R.S.: Die Eingabe der Schweiz hat mit Südafrika nichts zu tun. Es geht hier um eine Grundsatzfrage, weit über die Apartheid-Klagen hinaus. Die Schweiz hat grundsätzlich Bedenken gegenüber der extraterritorialen Anwendung von Recht durch amerikanische Gerichte.

swissinfo: Was kann die Schweiz dazu beitragen, dass das Experiment Südafrika gelingt?

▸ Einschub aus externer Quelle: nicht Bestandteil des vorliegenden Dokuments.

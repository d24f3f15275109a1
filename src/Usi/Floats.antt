-- ===== src/Usi/Floats.antt =====
-- The floating-point operations that usi/time_manager.cc calls. Nothing is assumed of them.
use jhbr.Base.{ℕ, Bool, if◌then◌else◌, ℤ}

pub record Floats : Type 1 where
  pub Value : Type 0
  pub of_int : ℤ → Value
  -- `literal n k` is the literal n / 10^k.
  pub literal : ℕ → ℕ → Value
  pub plus : Value → Value → Value
  pub minus : Value → Value → Value
  pub times : Value → Value → Value
  pub over : Value → Value → Value
  pub less : Value → Value → Bool
  pub less_eq : Value → Value → Bool
  -- static_cast<int>, std::lround and std::ceil.
  pub truncate : Value → ℤ
  pub lround : Value → ℤ
  pub ceil : Value → ℤ

-- std::max and std::clamp.
module _ (f : Floats) where
  abbrev pub max_of : f.Value → f.Value → f.Value
  max_of a b = if f.less a b then b else a

  abbrev pub clamp_of : f.Value → f.Value → f.Value → f.Value
  clamp_of v lo hi = if f.less v lo then lo else if f.less hi v then hi else v
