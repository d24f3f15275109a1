-- ===== src/Usi/TimeManager.antt =====
-- TimeManager::Compute of usi/time_manager.cc: the time budget of one move. `float` and `double` are
-- parameters; an `int` is an integer that does not overflow.
pub mod Bounds
use jhbr.Base.{
  ℕ, ◌+◌, Bool, true, false, not, ◌&&◌, ◌||◌, if◌then◌else◌, ℤ, pos, negsuc, ltℤ, ◌+ℤ◌, ◌-ℤ◌, ◌*ℤ◌,
  quot, max_ℤ, min_ℤ, clamp,
}
use jhbr.Usi.Floats.{Floats, max_of, clamp_of}

pub data TimeManagementMode : Type 0 where
  off shadow on : TimeManagementMode

abbrev pub is_off : TimeManagementMode → Bool
is_off off = true
is_off shadow = false
is_off on = false

pub record TimeControl : Type 0 where
  pub main_time_ms : ℤ
  pub increment_ms : ℤ
  pub byoyomi_ms : ℤ
  pub move_time_ms : ℤ
  pub game_ply : ℤ
  pub has_main_time : Bool
  pub has_explicit_nodes : Bool
  pub infinite : Bool
  pub ponder : Bool

pub record TimeOptions : Type 0 where
  pub max_move_time_ms : ℤ
  pub max_move_time_1m_ms : ℤ
  pub move_overhead_ms : ℤ
  pub max_extension_percent : ℤ
  pub mode : TimeManagementMode

pub record TimeBudget (F : Type 0) : Type 0 where
  pub mode : TimeManagementMode
  pub mcts_time_seconds : F
  pub active_move_cap_ms : ℤ
  pub hard_deadline_ms : ℤ
  pub earliest_stop_ms : ℤ
  pub target_stop_ms : ℤ
  pub latest_search_ms : ℤ
  pub root_guard_deadline_ms : ℤ
  pub response_deadline_ms : ℤ
  pub allow_early_stop : Bool
  pub allow_extension : Bool

abbrev pub positive : ℤ → Bool
positive a = ltℤ (pos 0) a

-- ActiveMoveCap
unfoldable pub active_move_cap : TimeControl → TimeOptions → ℤ
active_move_cap c o =
    if positive o.max_move_time_1m_ms && (positive c.main_time_ms && ltℤ c.main_time_ms (pos 60000))
    then o.max_move_time_1m_ms
    else o.max_move_time_ms

unfoldable pub pure_byoyomi : TimeControl → Bool
pure_byoyomi c = positive c.byoyomi_ms && (not c.has_main_time && not (positive c.increment_ms))

unfoldable pub cap_only : TimeControl → ℤ → Bool
cap_only c cap =
    positive cap
    && (not (positive c.move_time_ms)
        && (not c.has_main_time && (not (positive c.main_time_ms) && not (positive c.byoyomi_ms))))

-- The clamped overhead and the deadline that the clock leaves, 0 where there is none.
unfoldable pub overhead : TimeOptions → ℤ
overhead o = clamp o.move_overhead_ms (pos 0) (pos 5000)

unfoldable pub clock_response : TimeControl → ℤ → ℤ
clock_response c over =
    if positive c.move_time_ms
    then max_ℤ (c.move_time_ms -ℤ over) (pos 1)
    else if positive c.main_time_ms || positive c.byoyomi_ms
    then max_ℤ (c.main_time_ms +ℤ c.byoyomi_ms -ℤ over) (pos 1)
    else if c.has_main_time
    then pos 1
    else pos 0

unfoldable pub capped_response : ℤ → ℤ → ℤ → ℤ
capped_response cap over response =
    let capped = max_ℤ (cap -ℤ over) (pos 1) in
    if positive cap then (if positive response then min_ℤ response capped else capped) else response

unfoldable pub response_ms : TimeControl → TimeOptions → ℤ
response_ms c o = capped_response (active_move_cap c o) (overhead o) (clock_response c (overhead o))

unfoldable pub byoyomi_floor : TimeControl → TimeOptions → ℤ
byoyomi_floor c o = max_ℤ (c.byoyomi_ms -ℤ overhead o) (pos 0)

unfoldable pub earliest_ms : TimeControl → TimeOptions → ℤ → ℤ
earliest_ms c o target = min_ℤ (max_ℤ (max_ℤ (pos 100) (quot target 10)) (byoyomi_floor c o)) target

unfoldable pub extends_search : TimeControl → Bool
extends_search c =
    not (positive c.move_time_ms)
    && (not (pure_byoyomi c)
        && (c.has_main_time && (not (ltℤ c.main_time_ms (pos 10000)) && not c.has_explicit_nodes)))

unfoldable pub extension_percent : TimeControl → TimeOptions → ℤ
extension_percent c o =
    let percent = clamp o.max_extension_percent (pos 100) (pos 300) in
    let short = if ltℤ c.main_time_ms (pos 60000) then min_ℤ percent (pos 125) else percent in
    if extends_search c then short else pos 100

unfoldable pub latest_ms : TimeControl → TimeOptions → ℤ → ℤ → ℤ
latest_ms c o target response = clamp (quot (target *ℤ extension_percent c o) 100) target response

module _ (f d : Floats) where
  abbrev pub thousand : f.Value
  thousand = f.literal 1000 0

  -- ComputeLegacy: the nominal search time, before and after the cap.
  unfoldable pub nominal_seconds : TimeControl → TimeOptions → f.Value
  nominal_seconds c o =
      let main =
        f.over
          (f.plus (f.times (f.of_int c.main_time_ms) (f.literal 5 2))
            (f.times (f.of_int c.increment_ms) (f.literal 8 1)))
          thousand in
      if positive c.move_time_ms
      then f.over (f.of_int (max_ℤ (c.move_time_ms -ℤ o.move_overhead_ms) (pos 1))) thousand
      else if positive c.byoyomi_ms
      then f.times (f.over (f.of_int c.byoyomi_ms) thousand) (f.literal 9 1)
      else if c.has_main_time
      then max_of f main (f.literal 1 1)
      else f.literal 0 0

  unfoldable pub legacy_seconds : TimeControl → TimeOptions → f.Value
  legacy_seconds c o =
      let nominal = nominal_seconds c o in
      let cap = active_move_cap c o in
      let cap_seconds =
        max_of f (f.minus (f.over (f.of_int cap) thousand) (f.literal 5 1)) (f.literal 5 1) in
      if not (positive c.move_time_ms) && positive cap
      then (if f.less_eq nominal (f.literal 0 0) || f.less cap_seconds nominal
          then cap_seconds
          else nominal)
      else nominal

  unfoldable pub legacy_deadline : TimeControl → TimeOptions → ℤ
  legacy_deadline c o =
      let cap = active_move_cap c o in
      let seconds = legacy_seconds c o in
      if positive c.move_time_ms
      then c.move_time_ms
      else if positive cap
      then cap
      else if f.less (f.literal 0 0) seconds
      then f.truncate (f.times seconds thousand) +ℤ pos 2000
      else pos 0

  unfoldable pub compute_legacy : TimeControl → TimeOptions → TimeBudget f.Value
  compute_legacy c o = record {
    mode = off;
    mcts_time_seconds = legacy_seconds c o;
    active_move_cap_ms = active_move_cap c o;
    hard_deadline_ms = legacy_deadline c o;
    earliest_stop_ms = pos 0;
    target_stop_ms = pos 0;
    latest_search_ms = pos 0;
    root_guard_deadline_ms = pos 0;
    response_deadline_ms = pos 0;
    allow_early_stop = false;
    allow_extension = false;
  }

  unfoldable pub phase_divisor : ℤ → d.Value
  phase_divisor game_ply =
      let opening =
        clamp_of d
          (d.over (d.minus (d.literal 400 1) (d.of_int (max_ℤ game_ply (pos 0)))) (d.literal 400 1))
          (d.literal 0 1) (d.literal 10 1) in
      d.plus (d.literal 140 1) (d.times (d.literal 260 1) opening)

  unfoldable pub target_ms : TimeControl → TimeOptions → ℤ → ℤ
  target_ms c o response =
      let main_budget =
        d.plus (d.over (d.of_int c.main_time_ms) (phase_divisor c.game_ply))
          (d.times (d.literal 8 1) (d.of_int c.increment_ms)) in
      let rounded = d.lround (max_of d main_budget (d.of_int (byoyomi_floor c o))) in
      if positive c.move_time_ms || (pure_byoyomi c || cap_only c (active_move_cap c o))
      then response
      else min_ℤ (max_ℤ rounded (pos 100)) response

  -- In mode `on` the adaptive time points control the search.
  abbrev pub under_mode : TimeManagementMode → TimeBudget f.Value → TimeBudget f.Value
  under_mode off b = b
  under_mode shadow b = b
  under_mode on b = record b {
    mcts_time_seconds = f.over (f.of_int b.latest_search_ms) thousand;
    hard_deadline_ms = b.response_deadline_ms;
  }

  -- The adaptive part of Compute, from a deadline on.
  unfoldable pub adapt : TimeControl → TimeOptions → ℤ → TimeBudget f.Value → TimeBudget f.Value
  adapt c o response b =
      let target = target_ms c o response in
      let latest = latest_ms c o target response in
      let adaptive = record b {
        earliest_stop_ms = if pure_byoyomi c then target else earliest_ms c o target;
        target_stop_ms = target;
        latest_search_ms = latest;
        response_deadline_ms = response;
        root_guard_deadline_ms = response;
        allow_early_stop =
            not (pure_byoyomi c)
            && (not (cap_only c (active_move_cap c o))
                && (not (positive c.move_time_ms)
                    && (positive c.main_time_ms && not c.has_explicit_nodes)));
        allow_extension = extends_search c && ltℤ target latest;
      } in
      under_mode o.mode adaptive

  -- TimeManager::Compute
  unfoldable pub compute : TimeControl → TimeOptions → TimeBudget f.Value
  compute c o =
      let b = record (compute_legacy c o) { mode = o.mode } in
      let response = response_ms c o in
      if c.infinite
      then record b { mcts_time_seconds = f.literal 0 0; hard_deadline_ms = pos 0 }
      else if is_off o.mode || c.ponder
      then b
      else if positive response
      then adapt c o response b
      else b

R.S.: Wir machen ja bereits viel. Wir haben ein Programm der Direktion für Entwicklung und Zusammenarbeit (DEZA). Weil dieses nach zehn Jahren jetzt ausläuft, ist die Schweiz daran, ein Regionalprogramm zu konzipieren. Es ist wichtig, Südafrika in seinen Bemühungen zu unterstützen, nicht nur für sich selber, sondern auch für ein wirtschaftliches und soziales Erstarken der Nachbarländer und der ganzen Region zu sorgen.

Ganz generell kann man sagen, dass die Beziehungen zwischen der Schweiz und Südafrika gesünder und enger sind, als sie es je waren.

swissinfo, Jean-Michel Berthoud, Pretoria

Bevölkerungszahl Südafrikas: 45 Mio.

77% Schwarzafrikaner, 11% Weisse, 9% Coloured, 3% Indischstämmig

Schweizer Entwicklungs-Zusammenarbeit 2003: 12,2 Mio. Fr.

2004 ist für Südafrika ein Jubiläumsjahr. Mit den ersten freien Wahlen vor zehn Jahren (27. April 1994) begann ein einzigartiges Experiment: der friedliche Wandel vom rassistischen Apartheid-Regime zu einem modernen, stabilen und demokratischen Staat.

Trotz gravierender Probleme wie Aids, Armut, Arbeitslosigkeit und Kriminalität ist Rudolf Schaller, Schweizer Botschafter in Pretoria, überzeugt, dass Südafrika auf dem richtigen Weg ist. Das Land sei heute innenpolitisch konsolidiert und international ein angesehener Partner.

Schaller betont die guten Beziehungen zwischen den beiden Ländern. Die Schweiz ist der fünftgrösste Investor in Südafrika. Das jährliche Handelsvolumen betrug 2003 eine Milliarde Franken.